Пляски играли видную роль в корреббори. Начав слегка приплясывать вокруг костра, туземцы понемногу входили в такой азарт, что скакали, как бесноватые. Они размахивали при этом оружием и испускали громкие крики. На непривычного человека зрелище нескольких десятков скачущих около костра голых дикарей могло произвести неприятное впечатление. Так было вначале и со мной. Но по мере того, как я привыкал к жизни среди дикарей, я свыкался и с плясками корреббори. И в конце концов я и сам скакал кругом костра, не уступая в прыжках и кривляньях самому большому искуснику по этой части из среды туземцев.

Племя, среди которого я жил, отличалось хорошим сложением и большой физической силой. Мужчины могли проходить пешком огромные расстояния и их походка была очень легка, несмотря на то, что они выворачивали ступню. Женщины не обладали этой легкостью движений. Жизнь женщины вообще была очень незавидна. На них лежала вся тяжелая работа: постройка жилищ, добывание пищи, заготовка красок и т. д. Впрочем, когда являлась надобность в больших запасах пищи, то и мужчины отправлялись на охоту или на рыбную ловлю, устраивали облавы на кенгуру.

На рыбную ловлю туземцы отправлялись или рано утром, вскоре по восходе солнца, или же поздно вечером, когда становилось совсем темно. В последнем случае мужчины брали с собой большие факелы, которые они держали в левой руке высоко в воздухе в то время, когда бросались в воду и поражали копьями первую попавшуюся на глаза рыбу. Удары были всегда очень верны, туземцы почти никогда не делали промаха. Раненые рыбы оттаскивались на берег, где их забирали женщины, дожидавшиеся с плетеными сумками за плечами. Иногда в воду бросалось до сотни человек сразу, все с ярко горящими факелами.

Это было на редкость эффектное зрелище — пламя факелов, всплески воды, громкие крики…

Днем рыбу ловили иначе. Во время отлива огораживали большой участок мелкой лагуны, оставляя открытый проход, через который в лагуну могла пройти рыба. Во время прилива рыба набивалась в загородку, и тогда проход закрывали. Когда снова наступал отлив, отгороженное пространство превращалось как бы в огромную сеть, набитую рыбой. Тогда туземцы спускались в эту загороженную лагуну и били рыбу копьями.

Вообще охота туземцев очень интересовала меня.
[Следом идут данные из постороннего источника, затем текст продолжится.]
-- ===== src/Rip/Transmit.antt =====
-- ax25tools/tcpip/rip98t.c: the routes of the table in messages of up to thirty entries.
pub mod Chunks
use mathlib.Core.List.{map}
use linuxax.Prelude.{
  ℕ, zero, suc, ◌+◌, ◌-◌, ◌*◌, ◌/◌, ◌%◌, ◌^◌, bit_and, Bool, true, false, not, ◌&&◌, ◌||◌, List, [],
  ◌∷◌, ◌++◌, Option, none, some, ◌==◌, ltb, leb, if◌then◌else◌, length, get_elem?,
}
use linuxax.Ipd.Frame.{◌>>=◌}
use linuxax.Rip.{
  ripcmd_response, rip_version_98, rip98_infinity, rip98_header, rip98_entry, Action, orig_route,
  fixed_route, new_route, del_route, Route, is_deleted, bits2mask, build_header, put_entry,
  get_entry,
}

-- The inner loop of `transmit_routes`: the message, and the routes that are left for the next.
unfoldable pub fill_message : List ℕ → List Route → List ℕ × List Route
unfolding is_deleted put_entry
fill_message message [] = (message, [])
fill_message message (r ∷ rs) =
    let message' = if is_deleted r.action then message else message ++ put_entry r in
    elim (ltb (length message) 184) [ true ↦ fill_message message' rs | false ↦ (message, r ∷ rs) ]

-- The outer loop for one destination: the messages sent, in order.
unfoldable pub transmit_from : ℕ → List Route → Option (List (List ℕ))
unfolding fill_message build_header
transmit_from zero [] = some []
transmit_from zero (r ∷ rs) = none
transmit_from (suc fuel) [] = some []
transmit_from (suc fuel) (r ∷ rs) =
    let (message, left) = fill_message build_header (r ∷ rs) in
    transmit_from fuel left >>= λ sent.
    some (if ltb rip98_header (length message) then message ∷ sent else sent)

-- `transmit_routes`: the same messages to every destination.
pub transmit_routes : List ℕ → List Route → Option (List (ℕ × List ℕ))
unfolding transmit_from
transmit_routes [] rs = some []
transmit_routes (dest ∷ dests) rs = transmit_from (length rs) rs >>= λ sent.
    transmit_routes dests rs >>= λ others. some (map (λ message. (dest, message)) sent ++ others)
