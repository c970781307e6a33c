-- ===== src/Rip/Transmit/Chunks.antt =====
-- The messages that `transmit_routes` sends carry the routes of the table, in order.
use mathlib.Core.Path.{subst}
use linuxax.Prelude.{
  ℕ, zero, suc, ◌+◌, ◌*◌, ◌≤◌, ◌≡◌, refl, ap, sym, ◌∙◌, true, false, List, [], ◌∷◌, ◌++◌, Option,
  some, map, length, length-append, All, arith, Bool-cases, inl, inr, append_assoc, ltb→lt, lt→ltb,
  append-nil, ltb, if◌then◌else◌,
}
use linuxax.Ipd.Frame.{◌>>=◌}
use linuxax.Rip.{Route, is_deleted, build_header, put_entry}
use linuxax.Rip.Message.{payload, message_of, live, payload-append, length-message_of, live-append}
use linuxax.Rip.Transmit.{fill_message, transmit_from, transmit_routes}

-- What a filled message holds beside the entries `es` that it had before.
record Filled (es rs : List Route) (message : List ℕ) (left : List Route) : Type 0 where
  used : List Route
  split : rs ≡ used ++ left
  text : message ≡ message_of (es ++ live used)
  few : length (es ++ live used) ≤ 30

message_of-snoc :
    (es : List Route) (r : Route) → message_of es ++ put_entry r ≡ message_of (es ++ (r ∷ []))
unfolding payload
message_of-snoc es r =
    append_assoc build_header (payload es) (put_entry r)
    ∙ ap (λ t. build_header ++ (payload es ++ t)) (sym (append-nil (put_entry r)))
    ∙ ap (λ t. build_header ++ t) (sym (payload-append es (r ∷ [])))

fill-Filled :
    (es rs : List Route)
    → length es ≤ 30
    → let (message, left) = fill_message (message_of es) rs in Filled es rs message left
unfolding fill_message live
fill-Filled es [] few = record {
  used = [];
  split = refl;
  text = ap message_of (sym (append-nil es));
  few = omega (arith, length-append es []);
}
fill-Filled es (r ∷ rs) few = elim (Bool-cases (ltb (length (message_of es)) 184)) [
  | inr full ↦
      rw (full, fill_message)
        (record {
          used = [];
          split = refl;
          text = ap message_of (sym (append-nil es));
          few = omega (arith, length-append es []);
        })
  | inl room ↦ elim (Bool-cases (is_deleted r.action)) [
    | inl gone ↦
        let deep = fill-Filled es rs few in
        rw (room, gone, fill_message)
          (record {
            used = r ∷ deep.used;
            split = ap (λ t. r ∷ t) deep.split;
            text = rw gone deep.text;
            few = rw gone deep.few;
          })
    | inr kept ↦
        let one_more : length (es ++ (r ∷ [])) ≤ 30 =
          omega (arith, length-message_of es, ltb→lt _ _ room, length-append es (r ∷ [])) in
        let deep = fill-Filled (es ++ (r ∷ [])) rs one_more in
        let regroup : (es ++ (r ∷ [])) ++ live deep.used ≡ es ++ (r ∷ live deep.used) =
          append_assoc es (r ∷ []) (live deep.used) in
        rw (room, kept, fill_message, message_of-snoc es r)
          (record {
            used = r ∷ deep.used;
            split = ap (λ t. r ∷ t) deep.split;
            text = deep.text ∙ rw kept (ap message_of regroup);
            few = rw kept (subst (λ t. length t ≤ 30) regroup deep.few);
          })
  ]
]

fill_left-le : (message : List ℕ) (rs : List Route) → length (fill_message message rs).1 ≤ length rs
unfolding fill_message
fill_left-le message [] = omega arith
fill_left-le message (r ∷ rs) = elim (Bool-cases (ltb (length message) 184)) [
  | inl room ↦
      rw (room, fill_message)
        (omega (
          arith,
          fill_left-le (if is_deleted r.action then message else message ++ put_entry r) rs,
        ))
  | inr full ↦ rw (full, fill_message) (omega arith)
]

fill_takes_one :
    (r : Route) (rs : List Route) → length (fill_message build_header (r ∷ rs)).1 ≤ length rs
unfolding fill_message build_header
fill_takes_one r rs =
    fill_left-le (if is_deleted r.action then build_header else build_header ++ put_entry r) rs

abbrev pub flatten : List (List Route) → List Route
flatten [] = []
flatten (c ∷ cs) = c ++ flatten cs

-- A message has between one and thirty entries.
abbrev pub IsChunk : List Route → Type 0
IsChunk es = (1 ≤ length es) × (length es ≤ 30)

pub record Sends (rs : List Route) (sent : Option (List (List ℕ))) : Type 0 where
  pub chunks : List (List Route)
  pub messages : sent ≡ some (map message_of chunks)
  pub whole : flatten chunks ≡ live rs
  pub sizes : All IsChunk chunks

add_chunk :
    (rs : List Route) (message : List ℕ) (left : List Route) (sent : Option (List (List ℕ)))
    → Filled [] rs message left
    → Sends left sent
    → Sends rs (sent >>= λ ms. some (if ltb 4 (length message) then message ∷ ms else ms))
add_chunk rs message left sent f s = go (live f.used) refl
  where
    count : length message ≡ 4 + 6 * length (live f.used)
    count = ap length f.text ∙ length-message_of (live f.used)

    whole : live rs ≡ live f.used ++ flatten s.chunks
    whole = ap live f.split ∙ live-append f.used left ∙ ap (λ t. live f.used ++ t) (sym s.whole)

    go :
        (es : List Route)
        → live f.used ≡ es
        → Sends rs (sent >>= λ ms. some (if ltb 4 (length message) then message ∷ ms else ms))
    go [] e =
        let empty : ltb 4 (length message) ≡ false =
          let zero_long : length message ≡ 4 = rw e at count in ground arith in
        record {
          chunks = s.chunks;
          messages = rw (s.messages, ◌>>=◌, empty);
          whole = sym (whole ∙ ap (λ t. t ++ flatten s.chunks) e);
          sizes = s.sizes;
        }
    go (r ∷ es) e =
        let more : ltb 4 (length message) ≡ true =
          let long : length message ≡ 4 + 6 * suc (length es) = rw e at count in
          lt→ltb _ _ (omega arith) in
        record {
          chunks = (r ∷ es) ∷ s.chunks;
          messages =
              rw (s.messages, ◌>>=◌, more)
                (ap (λ t. some (t ∷ map message_of s.chunks)) (f.text ∙ ap message_of e));
          whole = sym (whole ∙ ap (λ t. t ++ flatten s.chunks) e);
          sizes = ((omega arith, subst (λ t. length t ≤ 30) e f.few), s.sizes);
        }

-- With as much fuel as there are routes the loop ends; its messages have a header and one to thirty
-- entries each, and together they carry, in order, the routes that are not deleted.
pub transmit_from-Sends :
    (fuel : ℕ) (rs : List Route) → length rs ≤ fuel → Sends rs (transmit_from fuel rs)
unfolding transmit_from live payload
transmit_from-Sends zero [] h = record { chunks = []; messages = refl; whole = refl; sizes = tt }
transmit_from-Sends zero (r ∷ rs) h = absurd (omega arith)
transmit_from-Sends (suc fuel) [] h = record {
  chunks = [];
  messages = refl;
  whole = refl;
  sizes = tt;
}
transmit_from-Sends (suc fuel) (r ∷ rs) h =
    let (message, left) = fill_message build_header (r ∷ rs) in
    add_chunk (r ∷ rs) message left (transmit_from fuel left)
      (fill-Filled [] (r ∷ rs) (omega arith))
      (transmit_from-Sends fuel left (omega (arith, fill_takes_one r rs)))

-- Every message to every destination, one destination after another.
abbrev pub to_each : List ℕ → List (List ℕ) → List (ℕ × List ℕ)
to_each [] messages = []
to_each (dest ∷ dests) messages =
    map (λ message. (dest, message)) messages ++ to_each dests messages

transmit_routes-to_each :
    (dests : List ℕ) (rs : List Route) (messages : List (List ℕ))
    → transmit_from (length rs) rs ≡ some messages
    → transmit_routes dests rs ≡ some (to_each dests messages)
unfolding transmit_routes
transmit_routes-to_each [] rs messages e = refl
transmit_routes-to_each (dest ∷ dests) rs messages e =
    rw (e, transmit_routes, ◌>>=◌) (rw (transmit_routes-to_each dests rs messages e, ◌>>=◌))

-- `transmit_routes` ends. Each destination is sent the same messages; a message has a header and one
-- to thirty entries, and together they carry, in order, the routes that are not deleted.
pub transmit_routes-Sends :
    (dests : List ℕ) (rs : List Route)
    → (chunks : List (List Route)) × (transmit_routes dests rs
        ≡ some (to_each dests (map message_of chunks)))
      × (flatten chunks ≡ live rs)
      × All IsChunk chunks
transmit_routes-Sends dests rs =
    let s = transmit_from-Sends (length rs) rs (omega arith) in
    (
      s.chunks,
      transmit_routes-to_each dests rs (map message_of s.chunks) s.messages,
      s.whole,
      s.sizes,
    )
Я старался или принять в ней участие, или, если это было мне непосильно (а я ведь избегал проявлять свою слабость), то я хоть старался присутствовать при этом.

Особенно интересно было наблюдать туземцев, когда они подкрадываются к кенгуру.

Кенгуру — самое большое из млекопитающих Австралии. Это странное по внешности животное. Его передние ноги очень коротки, так коротки, что кажется, будто они приделаны к кенгуру от другого животного. Задние же ноги очень длинны и толсты, и ими-то и пользуется животное при быстром беге, точнее — прыжках. Хвост кенгуру такой длинный и толстый, что сразу бросается в глаза. Когда кенгуру сидит, он подпирается хвостом и сидит как бы на треножнике — задние ноги и хвост. Передние ноги в это время свешиваются у него на грудь и далеко не достают до земли.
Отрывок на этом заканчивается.